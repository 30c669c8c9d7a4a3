-- ===== src/Tests/Agents.antt =====
-- The deterministic agents, and a document workflow that the executor carries to its end.
use banking_ai_platform.Prelude.{
  ℕ, suc, ◌+◌, ◌-◌, ◌*◌, ◌/◌, String, size, show, leb, ltb, ◌==◌, true, false, Option, none, some,
  List, [], ◌∷◌, ◌≡◌, ◌↔◌, refl, str, null, Value, insert, if◌then◌else◌,
}
use banking_ai_platform.Core.Errors.{ok, err, Exn, other}
use banking_ai_platform.Db.Enums.{WorkflowType, WorkflowStatus}
use banking_ai_platform.Db.Rows.{Workflow}
use banking_ai_platform.Db.Session.{Session, empty_database}
use banking_ai_platform.Agents.Base.{execute}
use banking_ai_platform.Agents.Orchestrator.{orchestrate}
use banking_ai_platform.Agents.Orchestrator
use banking_ai_platform.Services.Audit.{record_event}
use banking_ai_platform.Agents.Loan.{Floats}
use banking_ai_platform.Agents.Kyc.Dates.{Date}
use banking_ai_platform.Agents.Kyc.{KycInput}
use banking_ai_platform.Agents.Kyc
use banking_ai_platform.Agents.Kyc.Reviews.{IsClear, run-IsClear}
use banking_ai_platform.Agents.Document.{DocumentAgentInput}
use banking_ai_platform.Agents.Document
use banking_ai_platform.Agents.Document.Reviews.{IsComplete, run-IsComplete}
use banking_ai_platform.Agents.Summarization.{Ask}
use banking_ai_platform.Services.Workflow.Model.{Executor}
use banking_ai_platform.Services.Workflow.Start.{StartRequest, start}
use banking_ai_platform.Services.Workflow.Starts.{started_row}
use banking_ai_platform.Services.AgentExecutor.{
  World, executor, run_document_agent, run_summarization_agent,
}
use banking_ai_platform.Services.AgentExecutor.Inputs.{Schemas, Surroundings}
use banking_ai_platform.Services.AgentExecutor.Mapped.{document_input_of, start-IsComplete}
use banking_ai_platform.Tests.Models.{whole_amounts, answer}
use banking_ai_platform.Tests.Stores.{whole_reals}

abbrev ann_profile : List (String × String)
ann_profile =
    ("Full_Name", "Ann  Lee")
    ∷ ("date_of_birth", "29/02/2004")
    ∷ ("country", "fr")
    ∷ ("document_number", "A1")
    ∷ []

abbrev leap_day : Date
leap_day = record { year = 2024; month = 2; day = 29 }

abbrev ann : KycInput
ann = record {
  profile = ann_profile;
  document_fields = ("full_name", "ann lee") ∷ [];
  today = some leap_day;
}

run-IsClear_example :
    ((Kyc.run (λ s. s) leap_day ann).requires_human_review ≡ false)
    ↔ IsClear leap_day (Kyc.lower_keys ann_profile []) (("full_name", "ann lee") ∷ [])
unfolding Kyc.lower_keys
run-IsClear_example = run-IsClear (λ s. s) leap_day ann

ann_passes : (Kyc.run (λ s. s) leap_day ann).requires_human_review ≡ false
unfolding Kyc.run
ann_passes = refl

abbrev address_text : String
address_text = "Full Name: Ann Lee\nAddress = 1 Main Road\n\nIssue-date: 2024-02-29\n"

abbrev address : DocumentAgentInput
address = record {
  document_id = 1;
  kind = "proof_of_address";
  text = address_text;
  extra_expected_fields = [];
}

run-IsComplete_example : ((Document.run address).requires_human_review ≡ false) ↔ IsComplete address
run-IsComplete_example = run-IsComplete address

address_passes : (Document.run address).requires_human_review ≡ false
unfolding Document.run
address_passes = refl

abbrev whole_money : Floats
whole_money = record {
  Float = ℕ;
  literal = size;
  of_int = λ n. n;
  add = λ a b. a + b;
  sub = λ a b. a - b;
  mul = λ a b. a * b;
  div = λ a b.
      if b == 0 then err (other "ZeroDivisionError" "float division by zero") else ok (a / b);
  pow = λ a n. a;
  eqb = λ a b. a == b;
  geb = λ a b. leb b a;
  ltb = ltb;
  round = λ a digits. a;
  fixed_2 = show;
  percent_2 = show;
  percent_0 = show;
}

abbrev unread : Exn
unread = other "ValidationError" "not read"

abbrev text_of : Value → String
text_of (str s) = s
text_of _ = ""

abbrev texts_only : Schemas ℕ ℕ
texts_only = record {
  document_input = λ id kind text extra. ok (record {
    document_id = 1;
    kind = text_of kind;
    text = text_of text;
    extra_expected_fields = [];
  });
  kyc_input = λ profile fields. err unread;
  transaction = λ v. err unread;
  fraud_input = λ txn v. err unread;
  loan_input = λ v. err unread;
  summarization_input = λ content n. ok (record { content = text_of content; max_sentences = 5 });
  retrieval_input = λ q k. err unread;
  compliance_input = λ q k. err unread;
  audit_input = λ id evidence. err unread;
}

abbrev small : Surroundings
small = record {
  amounts = whole_amounts;
  floats = whole_money;
  reals = whole_reals;
  schemas = texts_only;
  to_str = text_of;
  repr = λ s. s;
  uuid = λ s. ok (size s);
  sha256 = λ s. s;
  summarize_prompt = "Summarize.";
  compliance_prompt = "Cite.";
  date_today = leap_day;
  elapsed = 3;
  new_uuid = "u";
}

abbrev says_answer : Option (Ask ℕ)
says_answer = some (λ q calls. (ok answer, suc calls))

abbrev small_world : Session (World small says_answer none)
small_world = record { db = empty_database; world = record { state = 0; vector_store = none } }

abbrev small_executor : Executor (World small says_answer none)
small_executor = executor small says_answer none (λ o. null)

abbrev address_request : StartRequest
address_request = record {
  workflow_type = WorkflowType.document_intelligence;
  input_payload = ("kind", str "proof_of_address") ∷ ("text", str address_text) ∷ [];
  created_by = some 7;
  request_id = none;
}

abbrev address_row : Workflow
address_row = started_row small_executor true address_request small_world

row_started : (start small_executor true address_request small_world).0 ≡ ok address_row
unfolding start executor orchestrate run_document_agent run_summarization_agent record_event
row_started = refl

row_completed : address_row.status ≡ WorkflowStatus.completed
unfolding start executor Orchestrator.run run_document_agent execute run_summarization_agent
row_completed = refl

start-IsComplete_example :
    (input : DocumentAgentInput) × (document_input_of small says_answer none
        (insert "workflow_id" (str (show 0)) address_request.input_payload)
      ≡ ok input)
    × IsComplete input
start-IsComplete_example =
    start-IsComplete small says_answer none (λ o. null) true address_request small_world address_row
      tt refl row_started row_completed
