-- ===== src/Tests/Logins.antt =====
-- Logins against a table of two users, one of them without a password.
use banking_ai_platform.Prelude.{
  Dict, str, first, lookup, if◌then◌else◌, ◌is◌, ◌<>◌, true, none, some, [], ◌∷◌, ◌≡◌, ◌↔◌, refl,
}
use banking_ai_platform.Core.Errors.{ok}
use banking_ai_platform.Services.Users.{TokenPair, refresh_tokens, User, Credentials, authenticate}
use banking_ai_platform.Services.Users.Logins.{Opens, authenticate-ok, Renewed, refresh_tokens-ok}
use banking_ai_platform.Core.Security.{Jwt, claims, refresh, decode_token, or_blank, text_claim}
use banking_ai_platform.Tests.Models.{live}

abbrev plain : Credentials
plain = record {
  hash = λ password. "#" <> password;
  verify = λ password hash. ("#" <> password) is hash;
  key_of = λ s. if s is "1" then some 1 else none;
}

abbrev ann : User
ann = record {
  id = 1;
  email = "ann@bank.dev";
  hashed_password = some "#secret";
  is_active = true;
  role_names = "manager" ∷ [];
}

abbrev provisioned : User
provisioned = record {
  id = 2;
  email = "bob@bank.dev";
  hashed_password = none;
  is_active = true;
  role_names = "auditor" ∷ [];
}

authenticate-ok_example :
    (authenticate plain "ann@bank.dev" "secret" (ann ∷ provisioned ∷ []) ≡ ok ann) ↔ (
      (first (λ v. v.email is "ann@bank.dev") (ann ∷ provisioned ∷ []) ≡ some ann)
      × (true ≡ true)
      × Opens plain "secret" (some "#secret"))
authenticate-ok_example = authenticate-ok plain "ann@bank.dev" "secret" (ann ∷ provisioned ∷ []) ann

-- The dummy password opens an account that has none.
dummy_login :
    authenticate plain "bob@bank.dev" "not-a-real-password" (ann ∷ provisioned ∷ [])
    ≡ ok provisioned
unfolding authenticate
dummy_login = refl

abbrev ann_claims : Dict
ann_claims = ("sub", str "1") ∷ ("type", str "refresh") ∷ []

-- A library that knows one refresh token.
abbrev refreshing : Jwt
refreshing = record {
  encode = λ secret alg payload. secret;
  decode = λ secret alg now token. claims ann_claims;
}

abbrev new_pair : TokenPair
new_pair = record {
  access_token = live.security_jwt_secret;
  refresh_token = live.security_jwt_secret;
  expires_in = 900;
}

refresh_tokens-ok_example :
    (payload : Dict) × (decode_token refreshing "r" refresh live 5 ≡ ok payload)
    × Renewed plain refreshing live 5
        (ann ∷ provisioned ∷ [])
        "j"
        "k"
        new_pair
        (or_blank (text_claim (lookup "sub" payload)))
unfolding refresh_tokens
refresh_tokens-ok_example =
    refresh_tokens-ok plain refreshing live 5 (ann ∷ provisioned ∷ []) "j" "k" new_pair "r" refl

++++++++++++++++++++

Exercise: I'd like the lines above from the one with "abbrev texts_only : Schemas ℕ ℕ" up to and including the one with "loan_input = λ v. err unread;" copied exactly, with no other lines.

Answer below:
abbrev texts_only : Schemas ℕ ℕ
texts_only = record {
  document_input = λ id kind text extra. ok (record {
    document_id = 1;
    kind = text_of kind;
    text = text_of text;
    extra_expected_fields = [];
  });
  kyc_input = λ profile fields. err unread;
  transaction = λ v. err unread;
  fraud_input = λ txn v. err unread;
  loan_input = λ v. err unread;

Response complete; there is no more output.